● What you will do
Each record should be set down again so that it matches the original exactly.

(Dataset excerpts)

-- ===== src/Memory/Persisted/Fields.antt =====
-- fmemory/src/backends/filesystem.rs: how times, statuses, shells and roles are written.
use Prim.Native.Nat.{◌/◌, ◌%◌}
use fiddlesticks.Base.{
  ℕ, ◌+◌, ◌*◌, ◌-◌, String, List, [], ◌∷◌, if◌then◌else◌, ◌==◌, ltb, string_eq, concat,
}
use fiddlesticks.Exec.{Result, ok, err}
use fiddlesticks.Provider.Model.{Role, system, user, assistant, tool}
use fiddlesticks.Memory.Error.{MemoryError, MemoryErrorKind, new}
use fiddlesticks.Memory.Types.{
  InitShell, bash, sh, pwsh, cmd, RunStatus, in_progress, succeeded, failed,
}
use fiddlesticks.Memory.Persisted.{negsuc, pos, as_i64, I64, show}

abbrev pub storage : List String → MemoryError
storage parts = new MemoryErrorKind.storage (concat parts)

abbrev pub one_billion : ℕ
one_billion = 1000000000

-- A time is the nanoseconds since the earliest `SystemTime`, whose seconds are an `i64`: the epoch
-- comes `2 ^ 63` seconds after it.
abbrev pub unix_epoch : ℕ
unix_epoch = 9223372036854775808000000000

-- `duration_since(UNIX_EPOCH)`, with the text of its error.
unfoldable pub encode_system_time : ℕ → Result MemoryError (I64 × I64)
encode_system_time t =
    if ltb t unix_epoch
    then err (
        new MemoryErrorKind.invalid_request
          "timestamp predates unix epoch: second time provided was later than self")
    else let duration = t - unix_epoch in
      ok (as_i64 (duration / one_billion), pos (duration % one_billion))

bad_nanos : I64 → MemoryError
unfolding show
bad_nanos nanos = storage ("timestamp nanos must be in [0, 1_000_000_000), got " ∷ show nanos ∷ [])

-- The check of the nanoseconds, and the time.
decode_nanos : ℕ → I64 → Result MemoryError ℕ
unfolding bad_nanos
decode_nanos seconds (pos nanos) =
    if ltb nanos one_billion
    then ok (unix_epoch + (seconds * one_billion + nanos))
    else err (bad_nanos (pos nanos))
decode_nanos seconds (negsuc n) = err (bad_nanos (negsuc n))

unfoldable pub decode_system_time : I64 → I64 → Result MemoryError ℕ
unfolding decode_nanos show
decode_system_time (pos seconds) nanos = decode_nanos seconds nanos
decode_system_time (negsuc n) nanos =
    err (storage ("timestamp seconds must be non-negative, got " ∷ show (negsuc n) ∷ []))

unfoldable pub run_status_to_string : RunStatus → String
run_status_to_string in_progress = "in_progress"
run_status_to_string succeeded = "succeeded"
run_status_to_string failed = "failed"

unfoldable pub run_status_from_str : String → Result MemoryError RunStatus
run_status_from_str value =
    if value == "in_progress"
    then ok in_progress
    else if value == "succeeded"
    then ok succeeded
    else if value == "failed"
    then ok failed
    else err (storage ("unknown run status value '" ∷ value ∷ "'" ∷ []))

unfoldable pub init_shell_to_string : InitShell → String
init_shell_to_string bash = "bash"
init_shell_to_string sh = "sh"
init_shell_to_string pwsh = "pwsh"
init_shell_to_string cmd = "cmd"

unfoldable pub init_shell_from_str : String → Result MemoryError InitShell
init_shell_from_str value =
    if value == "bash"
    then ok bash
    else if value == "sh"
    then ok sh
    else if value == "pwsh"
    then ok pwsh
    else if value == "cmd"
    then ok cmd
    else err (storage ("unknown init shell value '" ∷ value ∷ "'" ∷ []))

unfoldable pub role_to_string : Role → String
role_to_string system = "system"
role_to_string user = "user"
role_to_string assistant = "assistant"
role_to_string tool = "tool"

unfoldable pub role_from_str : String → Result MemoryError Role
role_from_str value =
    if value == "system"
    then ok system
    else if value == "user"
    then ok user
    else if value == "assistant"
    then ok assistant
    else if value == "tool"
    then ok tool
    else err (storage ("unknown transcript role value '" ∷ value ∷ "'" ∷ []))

● Response
-- ===== src/Memory/Persisted/Fields.antt =====
-- fmemory/src/backends/filesystem.rs: how times, statuses, shells and roles are written.
use Prim.Native.Nat.{◌/◌, ◌%◌}
use fiddlesticks.Base.{
  ℕ, ◌+◌, ◌*◌, ◌-◌, String, List, [], ◌∷◌, if◌then◌else◌, ◌==◌, ltb, string_eq, concat,
}
use fiddlesticks.Exec.{Result, ok, err}
use fiddlesticks.Provider.Model.{Role, system, user, assistant, tool}
use fiddlesticks.Memory.Error.{MemoryError, MemoryErrorKind, new}
use fiddlesticks.Memory.Types.{
  InitShell, bash, sh, pwsh, cmd, RunStatus, in_progress, succeeded, failed,
}
use fiddlesticks.Memory.Persisted.{negsuc, pos, as_i64, I64, show}

abbrev pub storage : List String → MemoryError
storage parts = new MemoryErrorKind.storage (concat parts)

abbrev pub one_billion : ℕ
one_billion = 1000000000

-- A time is the nanoseconds since the earliest `SystemTime`, whose seconds are an `i64`: the epoch
-- comes `2 ^ 63` seconds after it.
abbrev pub unix_epoch : ℕ
unix_epoch = 9223372036854775808000000000

-- `duration_since(UNIX_EPOCH)`, with the text of its error.
unfoldable pub encode_system_time : ℕ → Result MemoryError (I64 × I64)
encode_system_time t =
    if ltb t unix_epoch
    then err (
        new MemoryErrorKind.invalid_request
          "timestamp predates unix epoch: second time provided was later than self")
    else let duration = t - unix_epoch in
      ok (as_i64 (duration / one_billion), pos (duration % one_billion))

bad_nanos : I64 → MemoryError
unfolding show
bad_nanos nanos = storage ("timestamp nanos must be in [0, 1_000_000_000), got " ∷ show nanos ∷ [])

-- The check of the nanoseconds, and the time.
decode_nanos : ℕ → I64 → Result MemoryError ℕ
unfolding bad_nanos
decode_nanos seconds (pos nanos) =
    if ltb nanos one_billion
    then ok (unix_epoch + (seconds * one_billion + nanos))
    else err (bad_nanos (pos nanos))
decode_nanos seconds (negsuc n) = err (bad_nanos (negsuc n))

unfoldable pub decode_system_time : I64 → I64 → Result MemoryError ℕ
unfolding decode_nanos show
decode_system_time (pos seconds) nanos = decode_nanos seconds nanos
decode_system_time (negsuc n) nanos =
    err (storage ("timestamp seconds must be non-negative, got " ∷ show (negsuc n) ∷ []))

unfoldable pub run_status_to_string : RunStatus → String
run_status_to_string in_progress = "in_progress"
run_status_to_string succeeded = "succeeded"
run_status_to_string failed = "failed"

unfoldable pub run_status_from_str : String → Result MemoryError RunStatus
run_status_from_str value =
    if value == "in_progress"
    then ok in_progress
    else if value == "succeeded"
    then ok succeeded
    else if value == "failed"
    then ok failed
    else err (storage ("unknown run status value '" ∷ value ∷ "'" ∷ []))

unfoldable pub init_shell_to_string : InitShell → String
init_shell_to_string bash = "bash"
init_shell_to_string sh = "sh"
init_shell_to_string pwsh = "pwsh"
init_shell_to_string cmd = "cmd"

unfoldable pub init_shell_from_str : String → Result MemoryError InitShell
init_shell_from_str value =
    if value == "bash"
    then ok bash
    else if value == "sh"
    then ok sh
    else if value == "pwsh"
    then ok pwsh
    else if value == "cmd"
    then ok cmd
    else err (storage ("unknown init shell value '" ∷ value ∷ "'" ∷ []))

unfoldable pub role_to_string : Role → String
role_to_string system = "system"
role_to_string user = "user"
role_to_string assistant = "assistant"
role_to_string tool = "tool"

unfoldable pub role_from_str : String → Result MemoryError Role
role_from_str value =
    if value == "system"
    then ok system
    else if value == "user"
    then ok user
    else if value == "assistant"
    then ok assistant
    else if value == "tool"
    then ok tool
    else err (storage ("unknown transcript role value '" ∷ value ∷ "'" ∷ []))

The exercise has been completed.